For example, if you want to prepare a presentation on one of your products, you first do a search query. Not only will it return relevant documents, it will search for text inside the documents and show those passages as well. Then, you can pick paragraphs, graphics or entire files to add to a collection. You will then have all the information you need in one place. Finally, you can export this data in a single PowerPoint presentation or PDF file.

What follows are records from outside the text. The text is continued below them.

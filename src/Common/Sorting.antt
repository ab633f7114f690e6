-- ===== src/Common/Sorting.antt =====
-- Lists in strict order: what sorting by a strict order gives, and what a filter leaves of it.
use Prim.Native.Nat.{suc}
use mathlib.Core.Path.{◌≡◌, refl, ap, ◌∙◌}
use mathlib.Core.Logic.{◌⊎◌, inl, inr}
use mathlib.Core.Bool.{Bool, true, false, ◌&&◌}
use mathlib.Core.List.{List, [], ◌∷◌, ◌++◌}
use native.Mathlib.Omega.{arith}
use qurator.Common.Tests.{Bool-cases, if◌then◌else◌}
use qurator.Common.Strings.{Text, text_ltb}
use qurator.Common.Lists.{length, filter, insert_by, sort_by, All, In, here, there}

module _ {ℓ} {A : Type ℓ} (less : A → A → Bool) where
  -- each element before all that follow it
  abbrev pub Ascending : List A → Type 0
  Ascending [] = Unit
  Ascending (x ∷ xs) = All (λ y. less x y ≡ true) xs × Ascending xs

  -- any two are in order, one way or the other
  abbrev pub Comparable : A → List A → Type 0
  Comparable a xs = All (λ y. (less a y ≡ true) ⊎ (less y a ≡ true)) xs

  abbrev pub Apart : List A → Type 0
  Apart [] = Unit
  Apart (x ∷ xs) = Comparable x xs × Apart xs

  module _ (less_trans : (a b c : A) → less a b ≡ true → less b c ≡ true → less a c ≡ true)
      (less_asym : (a b : A) → less a b ≡ true → less b a ≡ false) where
    All-less_trans :
        (a x : A) (xs : List A)
        → less a x ≡ true
        → All (λ y. less x y ≡ true) xs
        → All (λ y. less a y ≡ true) xs
    All-less_trans a x [] l h = tt
    All-less_trans a x (y ∷ xs) l (k, h) = (less_trans a x y l k, All-less_trans a x xs l h)

    All-insert_by {κ} :
        (P : A → Type κ) (a : A) (xs : List A) → P a → All P xs → All P (insert_by less a xs)
    unfolding insert_by
    All-insert_by P a [] p h = (p, tt)
    All-insert_by P a (x ∷ xs) p (q, h) = elim (Bool-cases (less x a)) [
      | inl t ↦ rw t (q, All-insert_by P a xs p h)
      | inr f ↦ rw f (p, (q, h))
    ]

    insert_by-Ascending :
        (a : A) (xs : List A) → Comparable a xs → Ascending xs → Ascending (insert_by less a xs)
    unfolding insert_by
    insert_by-Ascending a [] c h = (tt, tt)
    insert_by-Ascending a (x ∷ xs) (o, c) (k, h) = elim (Bool-cases (less x a)) [
      | inl t ↦ rw t (All-insert_by (λ y. less x y ≡ true) a xs t k, insert_by-Ascending a xs c h)
      | inr f ↦
          let l : less a x ≡ true = elim o [ inl l ↦ l | inr r ↦ absurd (ground arith) ] in
          rw f ((l, All-less_trans a x xs l k), (k, h))
    ]

    All-sort_by {κ} : (P : A → Type κ) (xs : List A) → All P xs → All P (sort_by less xs)
    unfolding sort_by
    All-sort_by P [] h = tt
    All-sort_by P (x ∷ xs) (p, h) = All-insert_by P x (sort_by less xs) p (All-sort_by P xs h)

    pub sort_by-Ascending : (xs : List A) → Apart xs → Ascending (sort_by less xs)
    unfolding sort_by
    sort_by-Ascending [] h = tt
    sort_by-Ascending (x ∷ xs) (c, h) =
        insert_by-Ascending x (sort_by less xs) (All-sort_by _ xs c) (sort_by-Ascending xs h)

    filter_none : (p : A → Bool) (xs : List A) → All (λ y. p y ≡ false) xs → filter p xs ≡ []
    unfolding filter
    filter_none p [] h = refl
    filter_none p (x ∷ xs) (q, h) = rw (q, filter_none p xs h)

    filter-All : (p : A → Bool) (xs : List A) → All (λ y. p y ≡ true) xs → filter p xs ≡ xs
    unfolding filter
    filter-All p [] h = refl
    filter-All p (x ∷ xs) (q, h) = rw (q, filter-All p xs h)

    -- an element that stands before all of a list is put in front of what a filter leaves of it
    insert_by_first :
        (p : A → Bool) (a : A) (xs : List A)
        → All (λ y. less a y ≡ true) xs
        → insert_by less a (filter p xs) ≡ a ∷ filter p xs
    unfolding insert_by filter
    insert_by_first p a [] h = refl
    insert_by_first p a (x ∷ xs) (l, h) = elim (Bool-cases (p x)) [
      | inl t ↦ rw (t, less_asym a x l) refl
      | inr f ↦ rw f (insert_by_first p a xs h)
    ]

    filter-insert_by :
        (p : A → Bool) (a : A) (xs : List A)
        → Comparable a xs
        → Ascending xs
        → filter p (insert_by less a xs)
          ≡ (if p a then insert_by less a (filter p xs) else filter p xs)
    unfolding insert_by filter
    filter-insert_by p a [] c h = ground arith
    filter-insert_by p a (x ∷ xs) (o, c) (k, h) = elim (Bool-cases (less x a)) [
      | inl t ↦ ground (arith, filter-insert_by p a xs c h)
      | inr f ↦
          let l : less a x ≡ true = elim o [ inl l ↦ l | inr r ↦ absurd (ground arith) ] in
          ground (arith, insert_by_first p a xs (All-less_trans a x xs l k))
    ]

    -- Sorting and filtering commute.
    pub filter-sort_by :
        (p : A → Bool) (xs : List A)
        → Apart xs
        → filter p (sort_by less xs) ≡ sort_by less (filter p xs)
    unfolding filter sort_by
    filter-sort_by p [] h = refl
    filter-sort_by p (x ∷ xs) (c, h) = ground (
      arith,
      filter-insert_by p x (sort_by less xs) (All-sort_by _ xs c) (sort_by-Ascending xs h),
      filter-sort_by p xs h,
    )

    All-middle {κ} : (P : A → Type κ) (pre post : List A) (a : A) → All P (pre ++ (a ∷ post)) → P a
    All-middle P [] post a h = h.0
    All-middle P (x ∷ pre) post a h = All-middle P pre post a h.1

    -- What comes after an element of a list in order is the rest of the list.
    pub filter_rest :
        (pre post : List A) (a : A)
        → Ascending (pre ++ (a ∷ post))
        → filter (λ y. less a y) (pre ++ (a ∷ post)) ≡ post
    unfolding filter
    filter_rest [] post a (k, h) =
        let s : less a a ≡ false = elim (Bool-cases (less a a)) [
          | inl t ↦ less_asym a a t
          | inr f ↦ f
        ] in
        rw s (filter-All (λ y. less a y) post k)
    filter_rest (x ∷ pre) post a (k, h) =
        rw (less_asym x a (All-middle _ pre post a k)) (filter_rest pre post a h)

module _ {ℓ} {A : Type ℓ} where
  In-swapped :
      {b x y : A} {xs ys : List A} → (In b (x ∷ xs) → In b ys) → In b (x ∷ y ∷ xs) → In b (y ∷ ys)
  In-swapped f here = there (f here)
  In-swapped f (there here) = here
  In-swapped f (there (there i)) = there (f (there i))

  one_down : {b x y : A} {xs : List A} → In b (x ∷ xs) → In b (x ∷ y ∷ xs)
  one_down here = here
  one_down (there i) = there (there i)

  of_swapped :
      {b x y : A} {xs ys : List A} → (In b ys → In b (x ∷ xs)) → In b (y ∷ ys) → In b (x ∷ y ∷ xs)
  of_swapped f here = there here
  of_swapped f (there i) = one_down (f i)

  In-tail : {b x : A} {xs ys : List A} → (In b xs → In b ys) → In b (x ∷ xs) → In b (x ∷ ys)
  In-tail f here = here
  In-tail f (there i) = there (f i)

  module _ (less : A → A → Bool) where
    In-insert_by : {b : A} (a : A) (xs : List A) → In b (a ∷ xs) → In b (insert_by less a xs)
    unfolding insert_by
    In-insert_by a [] i = i
    In-insert_by a (x ∷ xs) i = elim (Bool-cases (less x a)) [
      | inl t ↦ rw t (In-swapped (In-insert_by a xs) i)
      | inr f ↦ rw f i
    ]

    of_insert_by : {b : A} (a : A) (xs : List A) → In b (insert_by less a xs) → In b (a ∷ xs)
    unfolding insert_by
    of_insert_by a [] i = i
    of_insert_by a (x ∷ xs) i = elim (Bool-cases (less x a)) [
      | inl t ↦ of_swapped (of_insert_by a xs) (rw t at i)
      | inr f ↦ rw f at i
    ]

    -- Sorting keeps the elements.
    pub In-sort_by : {b : A} (xs : List A) → In b xs → In b (sort_by less xs)
    unfolding sort_by
    In-sort_by [] i = i
    In-sort_by (x ∷ xs) here = In-insert_by x (sort_by less xs) here
    In-sort_by (x ∷ xs) (there i) = In-insert_by x (sort_by less xs) (there (In-sort_by xs i))

    pub of_sort_by : {b : A} (xs : List A) → In b (sort_by less xs) → In b xs
    unfolding sort_by
    of_sort_by [] i = i
    of_sort_by (x ∷ xs) i = In-tail (of_sort_by xs) (of_insert_by x (sort_by less xs) i)

  pub In-filter : (p : A → Bool) {b : A} (xs : List A) → In b xs → p b ≡ true → In b (filter p xs)
  unfolding filter
  In-filter p [] i t = i
  In-filter p (x ∷ xs) here t = rw t here
  In-filter p (x ∷ xs) (there i) t = elim (Bool-cases (p x)) [
    | inl u ↦ rw u (there (In-filter p xs i t))
    | inr u ↦ rw u (In-filter p xs i t)
  ]

  passed_tail :
      (p : A → Bool) {b x : A} {xs ys : List A}
      → p x ≡ true
      → (In b xs → In b ys × (p b ≡ true))
      → In b (x ∷ xs)
      → In b (x ∷ ys) × (p b ≡ true)
  passed_tail p u f here = (here, u)
  passed_tail p u f (there i) = let (j, t) = f i in (there j, t)

  pub of_filter : (p : A → Bool) {b : A} (xs : List A) → In b (filter p xs) → In b xs × (p b ≡ true)
  unfolding filter
  of_filter p [] i = elim i [ ]
  of_filter p (x ∷ xs) i = elim (Bool-cases (p x)) [
    | inl u ↦ passed_tail p u (of_filter p xs) (rw u at i)
    | inr u ↦ let (l, t) = of_filter p xs (rw u at i) in (there l, t)
  ]

pub text_ltb_trans :
    (s t u : Text) → text_ltb s t ≡ true → text_ltb t u ≡ true → text_ltb s u ≡ true
unfolding text_ltb
text_ltb_trans [] [] [] p q = p
text_ltb_trans [] (b ∷ t) [] p q = q
text_ltb_trans [] t (c ∷ u) p q = refl
text_ltb_trans (a ∷ s) [] u p q = absurd (ground arith)
text_ltb_trans (a ∷ s) (b ∷ t) [] p q = absurd (ground arith)
text_ltb_trans (a ∷ s) (b ∷ t) (c ∷ u) p q = ground (arith, text_ltb_trans s t u)

pub text_ltb_asym : (s t : Text) → text_ltb s t ≡ true → text_ltb t s ≡ false
unfolding text_ltb
text_ltb_asym [] [] p = refl
text_ltb_asym [] (b ∷ t) p = refl
text_ltb_asym (a ∷ s) [] p = absurd (ground arith)
text_ltb_asym (a ∷ s) (b ∷ t) p = ground (arith, text_ltb_asym s t)

pub text_ltb_total : (s t : Text) → text_ltb s t ≡ false → text_ltb t s ≡ false → s ≡ t
unfolding text_ltb
text_ltb_total [] [] p q = refl
text_ltb_total [] (b ∷ t) p q = absurd (ground arith)
text_ltb_total (a ∷ s) [] p q = absurd (ground arith)
text_ltb_total (a ∷ s) (b ∷ t) p q = ground (arith, text_ltb_total s t)

module _ {ℓ} {A : Type ℓ} where
  pub filter_both :
      (p q : A → Bool) (xs : List A) → filter q (filter p xs) ≡ filter (λ x. p x && q x) xs
  unfolding filter
  filter_both p q [] = refl
  filter_both p q (x ∷ xs) = ground (arith, filter_both p q xs)

  pub filter_congr :
      (p q : A → Bool) → ((x : A) → p x ≡ q x) → (xs : List A) → filter p xs ≡ filter q xs
  unfolding filter
  filter_congr p q h [] = refl
  filter_congr p q h (x ∷ xs) = ground (arith, h x, filter_congr p q h xs)

  pub All-filter {κ} :
      (P : A → Type κ) (p : A → Bool) (xs : List A) → All P xs → All P (filter p xs)
  unfolding filter
  All-filter P p [] h = tt
  All-filter P p (x ∷ xs) (q, h) = elim (Bool-cases (p x)) [
    | inl t ↦ rw t (q, All-filter P p xs h)
    | inr f ↦ rw f (All-filter P p xs h)
  ]

  pub filter-Apart :
      (less : A → A → Bool) (p : A → Bool) (xs : List A) → Apart less xs → Apart less (filter p xs)
  unfolding filter
  filter-Apart less p [] h = tt
  filter-Apart less p (x ∷ xs) (c, h) = elim (Bool-cases (p x)) [
    | inl t ↦ rw t (All-filter _ p xs c, filter-Apart less p xs h)
    | inr f ↦ rw f (filter-Apart less p xs h)
  ]

  pub In-middle : (pre post : List A) (a : A) → In a (pre ++ (a ∷ post))
  In-middle [] post a = here
  In-middle (x ∷ pre) post a = there (In-middle pre post a)

  length-insert_by :
      (less : A → A → Bool) (a : A) (xs : List A) → length (insert_by less a xs) ≡ suc (length xs)
  unfolding insert_by
  length-insert_by less a [] = refl
  length-insert_by less a (x ∷ xs) = ground (arith, length-insert_by less a xs)

  pub length-sort_by : (less : A → A → Bool) (xs : List A) → length (sort_by less xs) ≡ length xs
  unfolding sort_by
  length-sort_by less [] = refl
  length-sort_by less (x ∷ xs) =
      length-insert_by less x (sort_by less xs) ∙ ap suc (length-sort_by less xs)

Docurated users can choose to host their files on Docurated’s servers or to install the product on their private servers. After this simple installation process, you can start adding files and using the visual search and curation tools to create collections.

Now that it integrates with Dropbox, Docurated can become a powerful search and curation tool for your Dropbox-hosted files as well. Docurated competes with Sharepoint or Autonomy, and in some way Box, Dropbox and Google Drive. The main difference with the file-based alternatives is that Docurated does not host any file, it only crawls content to make it searchable. The company counts on its curation features as well to set it apart from the competition.

One of Docurated’s key advantages is that you don’t need to maintain a folder hierarchy or to tag files. Everything is automatic and transparent.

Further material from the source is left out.